• Problem requirements:
Within the data that follows, set down exactly the lines from the one containing "loop 0 rows 1 (λ i. loop 0 n" through the one containing "(zeros rows1 cols2)))", both ends included.

══ Source data

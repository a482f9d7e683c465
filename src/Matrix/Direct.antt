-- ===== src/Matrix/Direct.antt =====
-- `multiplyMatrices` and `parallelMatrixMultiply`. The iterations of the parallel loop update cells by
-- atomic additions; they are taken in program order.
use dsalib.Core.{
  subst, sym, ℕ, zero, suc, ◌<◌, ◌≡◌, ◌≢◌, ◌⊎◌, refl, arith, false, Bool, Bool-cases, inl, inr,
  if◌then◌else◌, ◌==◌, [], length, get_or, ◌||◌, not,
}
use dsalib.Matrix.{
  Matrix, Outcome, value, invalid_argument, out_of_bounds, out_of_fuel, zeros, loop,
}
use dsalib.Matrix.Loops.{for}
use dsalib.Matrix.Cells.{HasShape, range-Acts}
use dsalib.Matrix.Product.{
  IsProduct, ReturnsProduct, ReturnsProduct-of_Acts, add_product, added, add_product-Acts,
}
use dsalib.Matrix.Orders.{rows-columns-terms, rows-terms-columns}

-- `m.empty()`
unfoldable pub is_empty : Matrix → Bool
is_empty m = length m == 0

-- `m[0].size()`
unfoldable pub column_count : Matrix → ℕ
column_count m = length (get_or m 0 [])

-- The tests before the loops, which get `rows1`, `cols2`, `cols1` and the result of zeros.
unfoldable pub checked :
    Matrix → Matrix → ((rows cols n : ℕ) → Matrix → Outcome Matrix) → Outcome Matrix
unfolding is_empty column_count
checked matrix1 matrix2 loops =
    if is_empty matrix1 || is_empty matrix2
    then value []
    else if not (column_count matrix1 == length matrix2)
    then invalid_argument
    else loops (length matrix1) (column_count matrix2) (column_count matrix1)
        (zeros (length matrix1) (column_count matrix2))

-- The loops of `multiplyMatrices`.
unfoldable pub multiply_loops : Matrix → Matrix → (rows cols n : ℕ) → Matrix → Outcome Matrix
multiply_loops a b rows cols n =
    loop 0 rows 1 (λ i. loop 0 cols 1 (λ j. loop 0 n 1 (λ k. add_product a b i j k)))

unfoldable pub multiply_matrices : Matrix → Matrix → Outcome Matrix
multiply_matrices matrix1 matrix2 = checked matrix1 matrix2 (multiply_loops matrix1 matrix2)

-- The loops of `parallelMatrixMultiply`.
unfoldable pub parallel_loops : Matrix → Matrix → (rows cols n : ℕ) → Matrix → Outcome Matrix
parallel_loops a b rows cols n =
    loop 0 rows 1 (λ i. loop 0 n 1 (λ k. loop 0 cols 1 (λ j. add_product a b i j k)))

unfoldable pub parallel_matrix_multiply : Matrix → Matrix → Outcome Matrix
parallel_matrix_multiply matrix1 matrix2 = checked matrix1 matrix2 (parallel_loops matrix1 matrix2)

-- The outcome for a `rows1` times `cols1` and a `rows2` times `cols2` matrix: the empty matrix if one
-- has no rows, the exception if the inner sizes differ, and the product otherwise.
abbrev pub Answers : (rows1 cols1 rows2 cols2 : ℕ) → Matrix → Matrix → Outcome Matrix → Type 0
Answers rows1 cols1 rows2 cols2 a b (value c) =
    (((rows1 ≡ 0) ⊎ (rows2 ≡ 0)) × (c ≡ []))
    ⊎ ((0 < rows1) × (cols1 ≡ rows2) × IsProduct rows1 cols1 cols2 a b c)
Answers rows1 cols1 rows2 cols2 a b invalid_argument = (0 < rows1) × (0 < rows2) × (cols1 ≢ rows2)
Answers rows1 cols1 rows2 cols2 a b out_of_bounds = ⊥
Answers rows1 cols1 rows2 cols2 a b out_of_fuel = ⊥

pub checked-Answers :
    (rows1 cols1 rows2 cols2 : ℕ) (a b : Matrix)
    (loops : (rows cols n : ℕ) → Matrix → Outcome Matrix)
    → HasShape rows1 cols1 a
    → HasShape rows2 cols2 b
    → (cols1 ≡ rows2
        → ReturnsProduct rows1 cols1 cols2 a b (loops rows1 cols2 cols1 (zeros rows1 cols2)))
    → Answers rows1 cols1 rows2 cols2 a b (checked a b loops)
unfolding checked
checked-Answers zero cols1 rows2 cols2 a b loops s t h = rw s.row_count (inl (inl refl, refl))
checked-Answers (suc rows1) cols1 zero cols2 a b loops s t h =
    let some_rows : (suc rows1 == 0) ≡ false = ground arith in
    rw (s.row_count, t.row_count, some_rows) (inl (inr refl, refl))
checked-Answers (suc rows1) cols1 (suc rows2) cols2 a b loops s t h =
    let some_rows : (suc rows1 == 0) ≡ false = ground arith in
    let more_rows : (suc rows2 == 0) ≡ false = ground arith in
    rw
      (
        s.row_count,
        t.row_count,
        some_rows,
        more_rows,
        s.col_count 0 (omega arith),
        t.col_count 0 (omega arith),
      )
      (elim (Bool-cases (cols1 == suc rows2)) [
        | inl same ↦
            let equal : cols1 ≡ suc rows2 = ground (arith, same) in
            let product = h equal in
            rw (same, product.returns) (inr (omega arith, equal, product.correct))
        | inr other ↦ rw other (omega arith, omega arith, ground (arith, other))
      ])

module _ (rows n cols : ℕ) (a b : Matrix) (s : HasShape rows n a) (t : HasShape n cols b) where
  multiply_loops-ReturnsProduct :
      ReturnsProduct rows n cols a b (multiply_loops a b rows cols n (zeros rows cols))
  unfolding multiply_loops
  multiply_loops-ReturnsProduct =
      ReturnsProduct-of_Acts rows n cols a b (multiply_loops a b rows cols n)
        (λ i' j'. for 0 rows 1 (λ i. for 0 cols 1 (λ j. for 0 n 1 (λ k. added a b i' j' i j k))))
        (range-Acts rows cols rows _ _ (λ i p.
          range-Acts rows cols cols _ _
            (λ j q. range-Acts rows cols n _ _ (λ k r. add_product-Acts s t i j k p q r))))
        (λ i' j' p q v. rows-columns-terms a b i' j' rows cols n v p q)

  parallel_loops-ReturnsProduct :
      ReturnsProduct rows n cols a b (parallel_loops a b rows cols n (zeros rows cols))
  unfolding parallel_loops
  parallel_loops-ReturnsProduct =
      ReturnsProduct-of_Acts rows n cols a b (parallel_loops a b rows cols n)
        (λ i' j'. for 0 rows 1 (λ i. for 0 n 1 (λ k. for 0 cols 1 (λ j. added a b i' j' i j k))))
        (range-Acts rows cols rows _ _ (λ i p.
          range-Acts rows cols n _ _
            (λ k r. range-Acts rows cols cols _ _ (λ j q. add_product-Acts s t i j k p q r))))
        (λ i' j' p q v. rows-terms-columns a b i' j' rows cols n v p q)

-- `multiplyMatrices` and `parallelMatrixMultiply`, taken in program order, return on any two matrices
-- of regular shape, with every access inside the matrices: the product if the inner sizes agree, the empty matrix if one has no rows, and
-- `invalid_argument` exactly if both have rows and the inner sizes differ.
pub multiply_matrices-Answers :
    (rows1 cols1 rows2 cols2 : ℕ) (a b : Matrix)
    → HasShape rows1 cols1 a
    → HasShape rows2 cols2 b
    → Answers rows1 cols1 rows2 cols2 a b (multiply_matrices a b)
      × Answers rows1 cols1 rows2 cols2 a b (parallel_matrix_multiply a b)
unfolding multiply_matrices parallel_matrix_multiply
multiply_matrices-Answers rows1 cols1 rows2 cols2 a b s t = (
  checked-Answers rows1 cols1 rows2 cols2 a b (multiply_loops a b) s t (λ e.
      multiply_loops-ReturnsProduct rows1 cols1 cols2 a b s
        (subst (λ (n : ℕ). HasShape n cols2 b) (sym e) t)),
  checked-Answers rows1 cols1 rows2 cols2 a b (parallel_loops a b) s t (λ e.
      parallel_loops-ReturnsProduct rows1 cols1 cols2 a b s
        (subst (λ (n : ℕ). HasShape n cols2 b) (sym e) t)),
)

════

• Result of this task:
    loop 0 rows 1 (λ i. loop 0 n 1 (λ k. loop 0 cols 1 (λ j. add_product a b i j k)))

unfoldable pub parallel_matrix_multiply : Matrix → Matrix → Outcome Matrix
parallel_matrix_multiply matrix1 matrix2 = checked matrix1 matrix2 (parallel_loops matrix1 matrix2)

-- The outcome for a `rows1` times `cols1` and a `rows2` times `cols2` matrix: the empty matrix if one
-- has no rows, the exception if the inner sizes differ, and the product otherwise.
abbrev pub Answers : (rows1 cols1 rows2 cols2 : ℕ) → Matrix → Matrix → Outcome Matrix → Type 0
Answers rows1 cols1 rows2 cols2 a b (value c) =
    (((rows1 ≡ 0) ⊎ (rows2 ≡ 0)) × (c ≡ []))
    ⊎ ((0 < rows1) × (cols1 ≡ rows2) × IsProduct rows1 cols1 cols2 a b c)
Answers rows1 cols1 rows2 cols2 a b invalid_argument = (0 < rows1) × (0 < rows2) × (cols1 ≢ rows2)
Answers rows1 cols1 rows2 cols2 a b out_of_bounds = ⊥
Answers rows1 cols1 rows2 cols2 a b out_of_fuel = ⊥

pub checked-Answers :
    (rows1 cols1 rows2 cols2 : ℕ) (a b : Matrix)
    (loops : (rows cols n : ℕ) → Matrix → Outcome Matrix)
    → HasShape rows1 cols1 a
    → HasShape rows2 cols2 b
    → (cols1 ≡ rows2
        → ReturnsProduct rows1 cols1 cols2 a b (loops rows1 cols2 cols1 (zeros rows1 cols2)))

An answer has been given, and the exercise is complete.